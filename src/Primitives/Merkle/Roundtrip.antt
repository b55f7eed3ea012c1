-- ===== src/Primitives/Merkle/Roundtrip.antt =====
-- merkleblock.rs: what `extract_matches` makes of the tree of `from_txids`.
use fluxd_rust.Prelude.{
  ℕ, zero, suc, ◌+◌, ◌*◌, ◌/◌, ◌^◌, ◌==◌, ◌≤◌, ◌<◌, ◌≡◌, refl, sym, ap, ◌∙◌, List, [], ◌∷◌, ◌++◌,
  append-nil, append_assoc, Bool, true, false, ◌||◌, Bool-cases, or-false, inl, inr, length,
  length-append, get_or, ltb, ltb→lt, if◌then◌else◌, some, arith,
}
use native.Mathlib.Nat.{one-le-pow}
use fluxd_rust.Primitives.Merkle.{
  any_match, zero_hash, max_transactions, range_size, calc_hash, left_of, u32_max, calc_tree_height,
  from_txids, extract_matches, right_of, calc_tree_width,
}
use fluxd_rust.Primitives.Merkle.Build.{
  has_right, is_parent, node_bits, node_hashes, node_matches, node_stop, node_two, node_one,
  build-node, hashes-le-bits,
}
use fluxd_rust.Primitives.Merkle.Extract.{NoTwins, extract-node}
use fluxd_rust.Prelude.Result.{ok, ◌>>=◌}
use fluxd_rust.Primitives.Merkle.Ranges.{
  lt-calc_tree_width, calc_tree_height_lem, left_start, right_start, left_end, right_end, whole_end,
}

module _ (txids : List (List ℕ)) (matches : List Bool) where
  abbrev marked : ℕ → List (List ℕ)
  marked start = if get_or matches start false then get_or txids start zero_hash ∷ [] else []

  unfoldable selected : ℕ → ℕ → List (List ℕ)
  selected start zero = []
  selected start (suc count) = marked start ++ selected (start + 1) count

  selected_add :
      (start a b next : ℕ)
      → start + a ≡ next
      → selected start (a + b) ≡ selected start a ++ selected next b
  unfolding selected
  selected_add start zero b next e =
      let same : start ≡ next = omega arith in
      let none_taken : 0 + b ≡ b = omega arith in rw none_taken (ap (λ s. selected s b) same)
  selected_add start (suc a) b next e =
      let one_more : suc a + b ≡ suc (a + b) = omega arith in
      rw one_more (
        ap (λ xs. marked start ++ xs) (selected_add (start + 1) a b next (omega arith))
        ∙ sym (append_assoc (marked start) (selected (start + 1) a) (selected next b)))

  selected_none :
      (start count : ℕ) → any_match matches start count ≡ false → selected start count ≡ []
  unfolding selected any_match
  selected_none start zero h = refl
  selected_none start (suc count) h =
      let both = or-false (get_or matches start false) (any_match matches (start + 1) count) h in
      rw both.0 (selected_none (start + 1) count both.1)

-- The transactions that are marked.
unfoldable pub matched : List (List ℕ) → List Bool → List (List ℕ)
matched [] matches = []
matched (x ∷ txids) [] = []
matched (x ∷ txids) (true ∷ matches) = x ∷ matched txids matches
matched (x ∷ txids) (false ∷ matches) = matched txids matches

-- Behind a first element, everything is one further on.
selected_shift :
    (x : List ℕ) (b : Bool) (txids : List (List ℕ)) (matches : List Bool) (start count : ℕ)
    → selected (x ∷ txids) (b ∷ matches) (suc start) count ≡ selected txids matches start count
unfolding selected
selected_shift x b txids matches start zero = refl
selected_shift x b txids matches start (suc count) =
    let one_on : suc start + 1 ≡ suc (start + 1) = omega arith in
    rw one_on (
      ap (λ xs. marked txids matches start ++ xs)
        (selected_shift x b txids matches (start + 1) count))

selected-matched :
    (txids : List (List ℕ)) (matches : List Bool)
    → length txids ≡ length matches
    → selected txids matches 0 (length txids) ≡ matched txids matches
unfolding selected matched
selected-matched [] [] h = refl
selected-matched [] (b ∷ matches) h = absurd (omega arith)
selected-matched (x ∷ txids) [] h = absurd (omega arith)
selected-matched (x ∷ txids) (true ∷ matches) h =
    ap (λ xs. x ∷ xs)
      (selected_shift x true txids matches 0 (length txids)
        ∙ selected-matched txids matches (omega arith))
selected-matched (x ∷ txids) (false ∷ matches) h =
    selected_shift x false txids matches 0 (length txids)
    ∙ selected-matched txids matches (omega arith)

leaf_case :
    (b : Bool) (x : List ℕ) → (if b || false then x ∷ [] else []) ≡ (if b then x ∷ [] else []) ++ []
leaf_case true x = refl
leaf_case false x = refl

-- A node stands for the leaves of its range: its matches are those of the range, and its hashes are no more.
module _ (sha256d : List ℕ → List ℕ) (n : ℕ) (few : n ≤ max_transactions) (txids : List (List ℕ))
    (matches : List Bool) where
  abbrev size : ℕ → ℕ → ℕ
  size height pos = range_size sha256d n txids height pos

  leaf_range :
      (pos : ℕ)
      → pos < n
      → (node_matches sha256d n txids matches 0 pos ≡ selected txids matches (pos * 1) (size 0 pos))
        × (length (node_hashes sha256d n txids matches 0 pos) ≤ size 0 pos)
  unfolding node_matches node_hashes selected any_match calc_hash
  leaf_range pos inside =
      let one : size 0 pos ≡ 1 = omega (arith, inside) in
      let at : pos * 1 ≡ pos = omega arith in
      rw (one, at) (leaf_case (get_or matches pos false) (get_or txids pos zero_hash), omega arith)

  node_range :
      (height pos : ℕ)
      → height ≤ 16
      → pos * 2 ^ height < n
      → (node_matches sha256d n txids matches height pos
          ≡ selected txids matches (pos * 2 ^ height) (size height pos))
        × (length (node_hashes sha256d n txids matches height pos) ≤ size height pos)
  node_range zero pos low inside = leaf_range pos (omega arith)
  node_range (suc height) pos low inside =
      let L = left_of pos in
      let R = right_of pos in
      let ls = left_start n few height pos low inside in
      let rs = right_start n few height pos low inside in
      let le = left_end n few height pos low inside in
      let re = right_end n few height pos low inside in
      let we = whole_end n few height pos low inside in
      let m_pos = one-le-pow height 2 (omega arith) in
      let left = node_range height L (omega arith) (omega (arith, ls, inside)) in
      let wide = lt-calc_tree_width n height R few (omega arith) in
      elim (Bool-cases (is_parent sha256d n txids matches (suc height) pos)) [
        | inr stop ↦
            let p = node_stop sha256d n txids matches height pos stop in
            rw (p.1, p.2)
              (
                sym (
                    selected_none txids matches (pos * 2 ^ suc height) (size (suc height) pos)
                      stop),
                omega (arith, we, m_pos, inside),
              )
        | inl split ↦ elim (Bool-cases (has_right sha256d n txids matches height pos)) [
          | inl two ↦
              let p = node_two sha256d n txids matches height pos split two in
              let inside' : R * 2 ^ height < n = wide.0 (ltb→lt R (calc_tree_width n height) two) in
              let right = node_range height R (omega arith) inside' in
              let sizes : size height L + size height R ≡ size (suc height) pos =
                omega (arith, ls, rs, le, re, we, inside') in
              (
                p.2
                    ∙ (λ i. left.0 i ++ right.0 i)
                    ∙ sym (
                        selected_add txids matches (L * 2 ^ height) (size height L) (size height R)
                          (R * 2 ^ height) (omega (arith, ls, rs, le, inside')))
                    ∙ (λ i. selected txids matches (ls i) (sizes i)),
                rw p.1 (
                    omega (
                      arith,
                      left.1,
                      right.1,
                      sizes,
                      length-append {0} (node_hashes sha256d n txids matches height L)
                          (node_hashes sha256d n txids matches height R),
                    )),
              )
          | inr one ↦
              let p = node_one sha256d n txids matches height pos split one in
              let outside : n ≤ R * 2 ^ height = ground (arith, wide) in
              let sizes : size height L ≡ size (suc height) pos =
                omega (arith, ls, rs, le, we, outside) in
              (
                p.2 ∙ left.0 ∙ (λ i. selected txids matches (ls i) (sizes i)),
                rw p.1 (omega (arith, left.1, sizes)),
              )
        ]
      ]

-- `n` transactions, the marks and the tree that the code builds of them.
module _ (sha256d : List ℕ → List ℕ) (txids : List (List ℕ)) (matches : List Bool) where
  abbrev n : ℕ
  n = length txids

  abbrev bits : List Bool
  bits = node_bits sha256d n txids matches (calc_tree_height n) 0

  abbrev hashes : List (List ℕ)
  hashes = node_hashes sha256d n txids matches (calc_tree_height n) 0

  from_txids_lem :
      length txids ≡ length matches
      → n ≤ max_transactions
      → from_txids sha256d txids matches
        ≡ ok (record { n_transactions = n; bits = bits; hashes = hashes })
  unfolding from_txids
  from_txids_lem same few =
      let t0 : (length txids == length matches) ≡ true = ground arith in
      let t1 : ltb u32_max (length txids) ≡ false = ground arith in
      rw (t0, t1, build-node sha256d n txids matches (calc_tree_height n) 0 [] []) refl

  root_range :
      0 < n
      → n ≤ max_transactions
      → (node_matches sha256d n txids matches (calc_tree_height n) 0 ≡ selected txids matches 0 n)
        × (length hashes ≤ n)
  root_range some_tx few =
      let top = calc_tree_height_lem n few in
      let r =
        node_range sha256d n few txids matches (calc_tree_height n) 0 top.0
          (omega (arith, some_tx)) in
      let at : 0 * 2 ^ calc_tree_height n ≡ 0 = omega arith in
      let whole : range_size sha256d n txids (calc_tree_height n) 0 ≡ n = omega (arith, top.1) in
      (r.0 ∙ (λ i. selected txids matches (at i) (whole i)), omega (arith, r.1, whole))

  -- For the tree of `from_txids` on as many marks as transactions, at least one and at most `max_transactions` transactions, without two equal
  -- hashes side by side, `extract_matches` gives the root that `calc_hash` computes and the marked
  -- transactions, in their order.
  pub extract_matches-from_txids :
      length txids ≡ length matches
      → 0 < length txids
      → length txids ≤ max_transactions
      → NoTwins sha256d n txids matches (calc_tree_height n) 0
      → (from_txids sha256d txids matches >>= (λ t. ok (extract_matches sha256d t)))
        ≡ ok (some (calc_hash sha256d n txids (calc_tree_height n) 0, matched txids matches))
  unfolding extract_matches
  extract_matches-from_txids same some_tx few apart =
      let t0 : (length txids == 0) ≡ false = ground arith in
      let t1 : ltb max_transactions (length txids) ≡ false = ground arith in
      let r = root_range some_tx few in
      let t2 : ltb n (length hashes) ≡ false = ground (arith, r.1) in
      let t3 : ltb (length bits) (length hashes) ≡ false =
        ground (arith, hashes-le-bits sha256d n txids matches (calc_tree_height n) 0) in
      let run =
        extract-node sha256d n txids matches bits hashes (calc_tree_height n) 0 [] [] [] [] []
          (sym (append-nil bits)) (sym (append-nil hashes)) apart in
      let t4 : ((length bits + 7) / 8 == (length bits + 7) / 8) ≡ true = ground arith in
      let t5 : (length hashes == length hashes) ≡ true = ground arith in
      rw
        (
          from_txids_lem same few,
          t0,
          t1,
          t2,
          t3,
          run,
          t4,
          t5,
          r.0,
          selected-matched txids matches same,
        )
        refl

_About this exercise_:
In the listing above, transcribe exactly everything from the line containing "(size 0 pos))" down to the line containing "let m_pos = one-le-pow", including both and nothing more.

_Answer area_:
      → (node_matches sha256d n txids matches 0 pos ≡ selected txids matches (pos * 1) (size 0 pos))
        × (length (node_hashes sha256d n txids matches 0 pos) ≤ size 0 pos)
  unfolding node_matches node_hashes selected any_match calc_hash
  leaf_range pos inside =
      let one : size 0 pos ≡ 1 = omega (arith, inside) in
      let at : pos * 1 ≡ pos = omega arith in
      rw (one, at) (leaf_case (get_or matches pos false) (get_or txids pos zero_hash), omega arith)

  node_range :
      (height pos : ℕ)
      → height ≤ 16
      → pos * 2 ^ height < n
      → (node_matches sha256d n txids matches height pos
          ≡ selected txids matches (pos * 2 ^ height) (size height pos))
        × (length (node_hashes sha256d n txids matches height pos) ≤ size height pos)
  node_range zero pos low inside = leaf_range pos (omega arith)
  node_range (suc height) pos low inside =
      let L = left_of pos in
      let R = right_of pos in
      let ls = left_start n few height pos low inside in
      let rs = right_start n few height pos low inside in
      let le = left_end n few height pos low inside in
      let re = right_end n few height pos low inside in
      let we = whole_end n few height pos low inside in
      let m_pos = one-le-pow height 2 (omega arith) in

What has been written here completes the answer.